И рядом с тем «сынком» она прямо на сцене перед зрителями и жюри демонстративно отпустила колки так, что провисли все струны, кроме одной. Даже председатель жюри, сначала негодовавший от её выходки, остановился, не успев произнести приказ убрать её со сцены. Он ждал, уже понимая, к чему она готовилась. И зал затих с первыми ударами смычка по струне. Последней рабочей струне, которую она оставила натянутой. Сначала медленная и заунывная еврейская мелодия новой импровизации перешла в бодрый марш непонятно кого и чего, потом марш сменился скрипом лесопилки и закончился безумством бешеных созвучий и дьявольских сочетаний темпа и ярости. Когда импровизация закончилась, зал сначала сидел несколько секунд молча, а потом взорвался бурными, – даже буйными, – аплодисментами. А когда она протянула свою скрипку с отпущенными струнами «сынку», до сих пор стоящему рядом, тот под громкий хохот того же зала просто сбежал по ступенькам и убежал из зала вдоль сцены.

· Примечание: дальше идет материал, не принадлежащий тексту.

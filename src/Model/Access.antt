-- ===== src/Model/Access.antt =====
-- What harness/server/composition.py lets a model call use: the diagnostic contexts of `Services`,
-- its boundary, and the endpoint of a model profile under the policy. `register` and `get_profile`
-- are of ModelGateway in harness/model_gateway/gateway.py; its memory of profiles is `known`.
use text.Mathlib.Text.{starts_with}
use mi_harness.Prelude.{
  ℕ, String, Bool, true, false, not, ◌&&◌, ◌||◌, Option, none, some, List, [], ◌∷◌, ltb, ◌==◌,
  if◌then◌else◌, same, same?, find_row,
}
use mi_harness.Prelude.Int.{pos}
use mi_harness.Exec.{
  pure, raise, utc_now, new_id, after_seconds, ◌>>=◌, ◌>>◌, require, or_raise, diagnostic_expired,
  endpoint_missing, immutable_profile, unknown_profile,
}
use mi_harness.Core.{DiagnosticContext, AccessContext}
use mi_harness.Host.{Host}
use mi_harness.Store.Schema.{ModelProfile, Payload, Db}
use mi_harness.Store.Records.{get, put}
use mi_harness.Store.Projects.{workspace}
use mi_harness.Store.Budget.{add_account}
use mi_harness.Policy.Engine.{Url, Purpose, endpoint}
use mi_harness.Scheduler.Claim.{boundary}

abbrev pub as_profile : Option Payload → Option ModelProfile
as_profile (some (Payload.model_profile p)) = some p
as_profile _ = none

abbrev in_workspace? : Option String → String → Db Unit
in_workspace? none owner = pure tt
in_workspace? (some w) owner = if same w "" then pure tt else (do workspace w (some owner); pure tt)

-- Services.diagnostic
unfoldable pub diagnostic : String → String → Option String → ℕ → Db DiagnosticContext
diagnostic owner config_ref workspace_id model_calls = do
  in_workspace? workspace_id owner
  did ← new_id
  add_account did "diagnostic" did (
      ("model_calls", some (pos model_calls))
      ∷ ("total_tokens", some (pos 24000))
      ∷ ("cost", none)
      ∷ ("tool_calls", some (pos 0))
      ∷ ("children", some (pos 0))
      ∷ [])
  deadline ← after_seconds 60
  pure (record {
    diagnostic_id = did;
    owner_id = owner;
    workspace_id = workspace_id;
    config_snapshot_id = config_ref;
    budget_account_id = did;
    deadline_at = deadline;
    trace_id = did;
  })

-- Services.boundary
unfoldable pub services_boundary : AccessContext → Db Unit
services_boundary (AccessContext.execution c) = boundary c
services_boundary (AccessContext.diagnostic c) = do
  now ← utc_now
  require (ltb now c.deadline_at) diagnostic_expired

abbrev is_address : String → Bool
is_address ref =
    starts_with ref "https://" || starts_with ref "http://" || starts_with ref "demo://"

as_endpoint : Option Payload → Db String
as_endpoint (some (Payload.endpoint url)) = pure url
as_endpoint _ = raise endpoint_missing

-- Services.resolve_endpoint
unfoldable pub resolve_endpoint : String → Db String
unfolding as_endpoint
resolve_endpoint ref =
    if is_address ref then pure ref else (do saved ← get "endpoints" ref; as_endpoint saved)

module _ (host : Host) (split_url : String → Url) where
  -- Services.check_model_policy
  unfoldable pub check_model_policy : AccessContext → ModelProfile → Db Unit
  check_model_policy ctx p = do
    services_boundary ctx
    if p.is_demo then pure tt else (do
      url ← resolve_endpoint p.endpoint_ref
      endpoint host (split_url url) ctx Purpose.model true (some p.profile_ref) none
      pure tt)

abbrev with_ref : String → ModelProfile → Bool
with_ref ref p = same p.profile_ref ref

-- ModelGateway.get_profile, for a reference
unfoldable pub get_profile : List ModelProfile → String → Db ModelProfile
get_profile known ref = do
  let full : String = if same ref "demo" then "demo@1" else ref
  saved ← get "model_profiles" full
  elim (as_profile saved) [
    | some p ↦ pure p
    | none ↦ or_raise unknown_profile (find_row (with_ref full) known)
  ]

abbrev same_price : Option ℕ → Option ℕ → Bool
same_price none none = true
same_price (some a) (some b) = a == b
same_price _ _ = false

abbrev same_flag : Bool → Bool → Bool
same_flag true b = b
same_flag false b = not b

abbrev pub same_profile : ModelProfile → ModelProfile → Bool
same_profile p q =
    same p.profile_ref q.profile_ref
    && same p.profile_id q.profile_id
    && same_flag p.is_demo q.is_demo
    && same p.endpoint_ref q.endpoint_ref
    && same? p.credential_ref q.credential_ref
    && same_flag p.supports_text q.supports_text
    && same_flag p.supports_tool_calling q.supports_tool_calling
    && same_flag p.supports_vision q.supports_vision
    && same_price p.input_price_per_million q.input_price_per_million
    && same_price p.output_price_per_million q.output_price_per_million
    && same p.details q.details

abbrev agrees : Option ModelProfile → ModelProfile → Bool
agrees none p = true
agrees (some q) p = same_profile q p

-- ModelGateway.register; the profiles that the gateway knows afterwards
unfoldable pub register : List ModelProfile → ModelProfile → Db (List ModelProfile)
register known p = do
  require (agrees (find_row (with_ref p.profile_ref) known) p) immutable_profile
  saved ← get "model_profiles" p.profile_ref
  require (agrees (as_profile saved) p) immutable_profile
  put "model_profiles" p.profile_ref (Payload.model_profile p)
  pure (p ∷ known)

Судьи засчитали ей победу. Правда, председатель жюри отметил, что её исполнения «зачётных» произведений и до «фокуса Паганини» были неподражаемы, а потом вообще стали «нетипичны и афферистичны, но на грани аффекта и эйфории одновременно». Это были его собственные слова. Публика встретила такую характеристику овациями, а папенька «сынка», которому победа в конкурсе была щедро оплачена, пообещал отрезать ей пальцы.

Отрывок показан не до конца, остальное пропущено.